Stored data
• • • •
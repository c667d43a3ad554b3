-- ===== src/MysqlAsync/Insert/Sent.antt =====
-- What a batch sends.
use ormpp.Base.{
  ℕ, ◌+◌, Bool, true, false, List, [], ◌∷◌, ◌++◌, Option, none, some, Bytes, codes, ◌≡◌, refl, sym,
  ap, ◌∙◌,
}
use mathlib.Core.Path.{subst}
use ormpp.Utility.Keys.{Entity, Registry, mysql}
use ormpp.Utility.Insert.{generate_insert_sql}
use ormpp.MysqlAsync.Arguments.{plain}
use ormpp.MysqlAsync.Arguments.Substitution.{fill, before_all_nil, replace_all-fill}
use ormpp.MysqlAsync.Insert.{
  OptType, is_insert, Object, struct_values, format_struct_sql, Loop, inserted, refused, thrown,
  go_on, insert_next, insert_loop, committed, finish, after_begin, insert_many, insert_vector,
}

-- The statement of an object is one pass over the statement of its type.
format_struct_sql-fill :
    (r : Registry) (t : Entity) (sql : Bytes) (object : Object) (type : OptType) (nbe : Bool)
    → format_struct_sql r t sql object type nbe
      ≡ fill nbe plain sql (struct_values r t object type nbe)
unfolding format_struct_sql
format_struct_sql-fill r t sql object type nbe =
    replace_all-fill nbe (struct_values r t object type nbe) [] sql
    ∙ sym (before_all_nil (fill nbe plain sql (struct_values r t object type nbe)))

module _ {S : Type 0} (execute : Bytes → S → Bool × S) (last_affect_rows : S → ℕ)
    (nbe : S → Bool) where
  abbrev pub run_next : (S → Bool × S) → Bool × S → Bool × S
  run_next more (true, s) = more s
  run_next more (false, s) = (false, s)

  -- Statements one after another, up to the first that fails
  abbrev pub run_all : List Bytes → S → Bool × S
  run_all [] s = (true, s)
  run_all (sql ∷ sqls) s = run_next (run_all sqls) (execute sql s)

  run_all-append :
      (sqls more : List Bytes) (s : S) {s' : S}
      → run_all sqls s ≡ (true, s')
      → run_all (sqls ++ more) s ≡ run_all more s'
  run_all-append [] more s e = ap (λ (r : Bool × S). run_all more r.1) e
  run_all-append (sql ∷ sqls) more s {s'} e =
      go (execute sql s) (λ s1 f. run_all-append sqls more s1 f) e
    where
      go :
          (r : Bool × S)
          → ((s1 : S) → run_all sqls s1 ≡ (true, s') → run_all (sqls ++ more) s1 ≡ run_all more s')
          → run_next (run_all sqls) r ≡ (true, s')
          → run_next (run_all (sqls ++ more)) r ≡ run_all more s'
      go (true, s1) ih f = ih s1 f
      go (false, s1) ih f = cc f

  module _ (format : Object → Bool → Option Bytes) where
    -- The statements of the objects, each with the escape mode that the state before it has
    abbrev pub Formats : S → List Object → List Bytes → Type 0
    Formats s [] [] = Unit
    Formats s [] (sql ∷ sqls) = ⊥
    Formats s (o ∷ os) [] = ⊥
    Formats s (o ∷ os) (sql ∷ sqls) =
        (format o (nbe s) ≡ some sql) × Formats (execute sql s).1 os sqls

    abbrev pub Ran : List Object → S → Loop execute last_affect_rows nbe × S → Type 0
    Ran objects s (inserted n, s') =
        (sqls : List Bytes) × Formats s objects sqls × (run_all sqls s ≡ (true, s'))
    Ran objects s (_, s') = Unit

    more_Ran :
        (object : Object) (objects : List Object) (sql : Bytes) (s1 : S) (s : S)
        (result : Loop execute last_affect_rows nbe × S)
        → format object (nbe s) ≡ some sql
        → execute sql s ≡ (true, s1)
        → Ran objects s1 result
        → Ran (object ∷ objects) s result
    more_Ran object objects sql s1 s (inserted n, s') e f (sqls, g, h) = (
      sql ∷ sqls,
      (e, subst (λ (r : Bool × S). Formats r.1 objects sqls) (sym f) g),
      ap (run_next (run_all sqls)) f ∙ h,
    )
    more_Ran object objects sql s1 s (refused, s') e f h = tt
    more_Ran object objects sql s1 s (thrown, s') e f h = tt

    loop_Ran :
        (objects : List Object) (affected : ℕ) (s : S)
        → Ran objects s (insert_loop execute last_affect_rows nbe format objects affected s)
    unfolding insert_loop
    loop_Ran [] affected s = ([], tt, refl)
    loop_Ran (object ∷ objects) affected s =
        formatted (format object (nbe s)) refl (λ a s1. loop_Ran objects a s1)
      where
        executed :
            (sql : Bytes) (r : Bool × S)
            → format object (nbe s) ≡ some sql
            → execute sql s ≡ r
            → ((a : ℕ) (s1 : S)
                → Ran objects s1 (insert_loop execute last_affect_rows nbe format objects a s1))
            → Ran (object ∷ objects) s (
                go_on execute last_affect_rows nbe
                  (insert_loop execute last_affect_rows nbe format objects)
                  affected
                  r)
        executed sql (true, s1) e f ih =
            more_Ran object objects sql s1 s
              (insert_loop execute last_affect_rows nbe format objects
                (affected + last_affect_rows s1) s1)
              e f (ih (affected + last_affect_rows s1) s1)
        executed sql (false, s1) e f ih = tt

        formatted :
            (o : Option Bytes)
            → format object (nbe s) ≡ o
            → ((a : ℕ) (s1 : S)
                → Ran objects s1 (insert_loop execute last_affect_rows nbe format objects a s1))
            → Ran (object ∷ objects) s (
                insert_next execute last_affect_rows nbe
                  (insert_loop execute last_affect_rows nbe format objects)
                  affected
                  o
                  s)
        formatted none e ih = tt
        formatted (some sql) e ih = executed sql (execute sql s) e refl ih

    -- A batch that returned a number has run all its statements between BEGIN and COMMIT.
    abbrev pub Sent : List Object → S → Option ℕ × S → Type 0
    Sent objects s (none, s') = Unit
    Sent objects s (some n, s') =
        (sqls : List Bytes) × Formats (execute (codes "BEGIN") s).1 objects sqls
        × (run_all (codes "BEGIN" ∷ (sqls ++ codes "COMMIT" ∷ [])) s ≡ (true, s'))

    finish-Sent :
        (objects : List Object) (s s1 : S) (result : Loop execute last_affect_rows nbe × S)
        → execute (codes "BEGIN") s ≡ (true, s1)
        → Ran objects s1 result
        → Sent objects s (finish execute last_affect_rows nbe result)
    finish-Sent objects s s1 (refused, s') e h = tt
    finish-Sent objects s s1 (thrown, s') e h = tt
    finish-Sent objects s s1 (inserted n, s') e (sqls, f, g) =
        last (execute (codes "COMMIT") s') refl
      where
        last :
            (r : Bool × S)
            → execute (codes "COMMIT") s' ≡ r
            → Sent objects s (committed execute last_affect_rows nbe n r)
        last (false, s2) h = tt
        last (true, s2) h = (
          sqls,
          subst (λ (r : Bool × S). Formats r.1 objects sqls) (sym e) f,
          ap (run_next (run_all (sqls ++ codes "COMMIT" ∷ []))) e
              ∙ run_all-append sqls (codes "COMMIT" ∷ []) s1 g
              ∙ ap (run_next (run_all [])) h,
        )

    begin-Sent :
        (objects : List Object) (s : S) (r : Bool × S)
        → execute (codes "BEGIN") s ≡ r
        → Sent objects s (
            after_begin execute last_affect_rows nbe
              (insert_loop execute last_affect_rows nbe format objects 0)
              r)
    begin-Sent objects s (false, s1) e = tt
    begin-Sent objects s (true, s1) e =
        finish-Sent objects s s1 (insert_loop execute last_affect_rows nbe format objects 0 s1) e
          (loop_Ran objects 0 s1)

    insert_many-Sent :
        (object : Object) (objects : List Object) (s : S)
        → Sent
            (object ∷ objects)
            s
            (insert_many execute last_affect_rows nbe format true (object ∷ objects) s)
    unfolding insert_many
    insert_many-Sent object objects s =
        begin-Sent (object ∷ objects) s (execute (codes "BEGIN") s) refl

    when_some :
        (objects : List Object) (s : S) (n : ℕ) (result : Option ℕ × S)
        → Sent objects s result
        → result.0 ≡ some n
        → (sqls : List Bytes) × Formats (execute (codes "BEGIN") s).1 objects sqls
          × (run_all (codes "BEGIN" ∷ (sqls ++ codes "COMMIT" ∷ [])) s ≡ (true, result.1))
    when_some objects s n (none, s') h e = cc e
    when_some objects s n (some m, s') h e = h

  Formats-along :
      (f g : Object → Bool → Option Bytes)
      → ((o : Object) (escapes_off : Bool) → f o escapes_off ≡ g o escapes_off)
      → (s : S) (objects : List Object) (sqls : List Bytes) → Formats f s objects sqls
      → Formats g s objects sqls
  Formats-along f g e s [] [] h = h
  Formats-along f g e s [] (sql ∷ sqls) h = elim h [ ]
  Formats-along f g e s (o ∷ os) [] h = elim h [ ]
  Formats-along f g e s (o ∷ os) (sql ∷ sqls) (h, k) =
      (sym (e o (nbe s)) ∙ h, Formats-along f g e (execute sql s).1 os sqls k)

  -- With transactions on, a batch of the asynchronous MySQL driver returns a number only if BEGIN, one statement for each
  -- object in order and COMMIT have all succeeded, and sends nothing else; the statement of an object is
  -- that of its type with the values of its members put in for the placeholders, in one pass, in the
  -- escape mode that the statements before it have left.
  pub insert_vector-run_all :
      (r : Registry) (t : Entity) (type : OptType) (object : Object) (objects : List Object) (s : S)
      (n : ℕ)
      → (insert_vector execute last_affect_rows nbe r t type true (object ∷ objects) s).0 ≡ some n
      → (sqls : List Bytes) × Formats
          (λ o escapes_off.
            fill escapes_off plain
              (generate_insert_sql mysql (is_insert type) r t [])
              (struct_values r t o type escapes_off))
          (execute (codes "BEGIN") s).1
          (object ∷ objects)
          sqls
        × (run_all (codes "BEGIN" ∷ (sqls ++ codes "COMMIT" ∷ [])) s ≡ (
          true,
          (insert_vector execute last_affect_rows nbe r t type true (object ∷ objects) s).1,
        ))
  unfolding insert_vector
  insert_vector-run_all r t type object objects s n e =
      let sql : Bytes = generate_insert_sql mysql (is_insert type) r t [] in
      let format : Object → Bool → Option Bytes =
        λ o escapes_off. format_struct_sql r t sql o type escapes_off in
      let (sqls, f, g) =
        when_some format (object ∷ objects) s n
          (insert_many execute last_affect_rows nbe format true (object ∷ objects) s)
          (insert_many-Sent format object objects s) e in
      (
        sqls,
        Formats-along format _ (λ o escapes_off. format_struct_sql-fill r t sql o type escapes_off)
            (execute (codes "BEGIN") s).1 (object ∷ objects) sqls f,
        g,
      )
• • • •
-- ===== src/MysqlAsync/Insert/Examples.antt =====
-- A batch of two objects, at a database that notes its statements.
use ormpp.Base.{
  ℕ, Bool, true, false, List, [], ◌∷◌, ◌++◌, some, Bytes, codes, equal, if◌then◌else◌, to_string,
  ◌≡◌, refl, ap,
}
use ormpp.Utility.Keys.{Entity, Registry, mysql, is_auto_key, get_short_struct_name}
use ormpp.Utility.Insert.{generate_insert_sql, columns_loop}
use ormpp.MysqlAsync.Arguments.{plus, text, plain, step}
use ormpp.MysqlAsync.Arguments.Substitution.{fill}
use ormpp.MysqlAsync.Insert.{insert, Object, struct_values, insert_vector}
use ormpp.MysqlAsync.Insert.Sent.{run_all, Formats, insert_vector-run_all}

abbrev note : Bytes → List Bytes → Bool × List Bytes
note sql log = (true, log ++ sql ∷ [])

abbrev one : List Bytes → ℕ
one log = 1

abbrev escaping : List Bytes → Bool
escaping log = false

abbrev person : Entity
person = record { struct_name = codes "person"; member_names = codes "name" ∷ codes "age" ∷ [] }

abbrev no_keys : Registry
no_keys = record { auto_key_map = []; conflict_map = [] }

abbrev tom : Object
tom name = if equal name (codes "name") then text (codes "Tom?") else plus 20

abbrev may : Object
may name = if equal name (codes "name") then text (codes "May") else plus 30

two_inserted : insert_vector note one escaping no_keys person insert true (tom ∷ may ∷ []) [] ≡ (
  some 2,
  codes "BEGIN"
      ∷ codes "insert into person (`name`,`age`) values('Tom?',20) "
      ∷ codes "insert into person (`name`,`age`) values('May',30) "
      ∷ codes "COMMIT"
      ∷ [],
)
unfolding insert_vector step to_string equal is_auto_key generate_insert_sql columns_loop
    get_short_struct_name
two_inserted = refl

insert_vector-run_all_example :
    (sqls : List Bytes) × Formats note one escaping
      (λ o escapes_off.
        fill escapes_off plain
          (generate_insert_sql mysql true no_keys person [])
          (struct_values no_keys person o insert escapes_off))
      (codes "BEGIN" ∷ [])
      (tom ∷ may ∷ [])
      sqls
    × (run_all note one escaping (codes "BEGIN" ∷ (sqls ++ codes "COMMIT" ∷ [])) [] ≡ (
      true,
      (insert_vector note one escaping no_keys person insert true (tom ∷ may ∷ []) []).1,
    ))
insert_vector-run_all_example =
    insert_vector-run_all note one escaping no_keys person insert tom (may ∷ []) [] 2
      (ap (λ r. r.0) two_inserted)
• • • •
What the exercise asks -
Working through the entries line by line, count those containing "record" and report only the number.

Output of the task -
2